Este processo de marginalização das instâncias de participação e pactuação tem dois problemas. De imediato, produz decisões piores. Decisões compartilhadas em instâncias de diálogo social e federativo são, geralmente, decisões melhores, porque são mais informadas, realistas e legítimas. Nelas é possível antecipar problemas, processar conflitos e avaliar os diferentes contextos com que uma iniciativa se defronta em um país heterogêneo e continental como o Brasil. Além disto, quando participam efetivamente de uma decisão, os diferentes atores envolvidos - mesmo quando não se decidiu pela alternativa por eles preferida - tendem a se comprometer mais e encará-la como mais legítima, já que se reconhecem no processo que a gerou. Mas o segundo ponto aqui é que este afastamento dos atores relevantes envolvidos compromete, no médio prazo, a capacidade de coordenação da política, já que traz incerteza e imprevisibilidade e fragmenta os loci de decisão e de negociação que orientam estados, municípios, trabalhadores e entidades da sociedade civil. É, portanto, parte do processo de desinstitucionalização da política de assistência social, cuja reversão é agora uma tarefa prioritária (IPEA, 2022).
O desfinanciamento do SUAS
Como se sabe, os programas de transferência de renda são um componente importante da proteção social não contributiva, em geral, e da política de assistência social, em particular. Mas não são os únicos instrumentos relevantes para a efetivação desta política pública.

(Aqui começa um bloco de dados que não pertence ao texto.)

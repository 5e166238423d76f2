-- ===== src/Mapping/Model.antt =====
-- internal/domain/mapping/model.go: the records of a mapping profile, and the checks of pairs of
-- names. A check returns the pairs as it leaves them, trimmed. An error text is kept without the
-- names that it quotes.
use k8s_migration.Base.{
  String, Bool, false, not, ◌&&◌, ◌||◌, List, [], ◌∷◌, Option, none, some, str_eq, ◌+++◌,
  trim_space, equal_fold, if◌then◌else◌, any, Result, ok, err, failure, require, ◌>>=◌, ◌>>◌,
}

pub record KeyValue : Type 0 where
  pub source : String
  pub target : String

pub record NodeLabelMapping : Type 0 where
  pub source : String
  pub target : String
  pub action : String

-- The trimmed pairs of a group, whose sources differ. `seen` has the sources before.
unfoldable pub normalize_group : String → List String → List KeyValue → Result (List KeyValue)
normalize_group name seen [] = ok []
normalize_group name seen (m ∷ ms) =
    let source = trim_space m.source in
    let target = trim_space m.target in
    let rest = normalize_group name (source ∷ seen) ms in
    do
      require (not (str_eq source "" || str_eq target ""))
          (failure (name +++ " mapping source and target are required"))
      require (not (any (λ s. str_eq s source) seen))
          (failure ("duplicate " +++ name +++ " mapping source"))
      normalized ← rest
      ok ((record { source = source; target = target }) ∷ normalized)

-- The source that a map of targets has for a target: `targets` has the newest pair first.
abbrev pub source_of : String → List KeyValue → Option String
source_of target [] = none
source_of target (m ∷ ms) = if str_eq m.target target then some m.source else source_of target ms

abbrev pub is_other : String → Option String → Bool
is_other source none = false
is_other source (some stored) = not (str_eq stored source)

-- `is_label` is `IsDNS1123Label` of k8s.io/apimachinery without an error.
unfoldable pub validate_namespaces :
    (String → Bool) → List KeyValue → List KeyValue → Result (Unit {0})
validate_namespaces is_label targets [] = ok tt
validate_namespaces is_label targets (m ∷ ms) =
    let rest = validate_namespaces is_label (m ∷ targets) ms in
    do
      require (is_label m.source && is_label m.target)
          (failure "namespace mapping must use DNS labels")
      require (not (is_other m.source (source_of m.target targets)))
          (failure "namespace mappings collide on target")
      rest

abbrev contains : List String → String → Bool
contains names name = any (λ n. str_eq n name) names

abbrev validate_targets : String → List KeyValue → List String → Result (Unit {0})
validate_targets kind [] available = ok tt
validate_targets kind (m ∷ ms) available =
    let rest = validate_targets kind ms available in
    do
      require (contains available m.target) (failure ("target " +++ kind +++ " was not discovered"))
      rest

-- Where nothing was discovered, every name passes.
unfoldable pub validate_target_names : String → List KeyValue → List String → Result (Unit {0})
validate_target_names kind values [] = ok tt
validate_target_names kind values (name ∷ names) = validate_targets kind values (name ∷ names)

abbrev put_label :
    NodeLabelMapping → Result (List NodeLabelMapping) → Result (List NodeLabelMapping)
put_label m rest = do labels ← rest; ok (m ∷ labels)

-- `is_name` is `IsQualifiedName` of k8s.io/apimachinery without an error. An action is compared in
-- upper case.
unfoldable pub validate_node_labels :
    (String → Bool)
    → List String
    → List KeyValue
    → List NodeLabelMapping
    → Result (List NodeLabelMapping)
validate_node_labels is_name seen targets [] = ok []
validate_node_labels is_name seen targets (m ∷ ms) =
    let source = trim_space m.source in
    let target = trim_space m.target in
    let action = trim_space m.action in
    let pair : KeyValue = record { source = source; target = target } in
    let mapped = validate_node_labels is_name (source ∷ seen) (pair ∷ targets) ms in
    let dropped = validate_node_labels is_name (source ∷ seen) targets ms in
    do
      require (is_name source) (failure "invalid source node label")
      require (not (any (λ s. str_eq s source) seen))
          (failure "duplicate node label mapping source")
      (if equal_fold action "MAP"
          then (do
            require (is_name target) (failure "invalid target node label")
            require (not (is_other source (source_of target targets)))
                (failure "node label mappings collide on target")
            put_label (record { source = source; target = target; action = "MAP" }) mapped)
          else if equal_fold action "DROP"
          then put_label (record { source = source; target = ""; action = "DROP" }) dropped
          else err (failure "node label action must be MAP or DROP"))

Os serviços de assistência social (e os equipamentos e equipes que os viabilizam) constituem parte essencial do atendimento aos mais vulneráveis, por vários motivos: ali se identificam e acompanham as famílias mais vulneráveis; se desenvolvem programas para evitar ou atender os casos de violações de direitos (violência familiar, trabalho infantil etc.), garante-se o acesso do público a outras políticas e programas importantes, entre várias outras funções centrais para a garantia dos direitos mais básicos deste público (como é o caso dos centros de atendimento à população em situação de rua) . É também por meio destes equipamentos e profissionais que a atualização e qualidade do Cadastro Único pode se efetivar.
E embora, no âmbito do SUAS, a execução destes serviços fique a cargo dos estados e municípios, o papel da União na formulação, coordenação, indução e financiamento da política de assistência é crucial para a sua viabilidade e integração. Pois bem, após um longo período de ampliação, que atingiu seu ponto mais alto em 2014, o SUAS veio sofrendo um geralmente (mas nem sempre) silencioso e constante processo de desmonte, por meio de seu desfinanciamento.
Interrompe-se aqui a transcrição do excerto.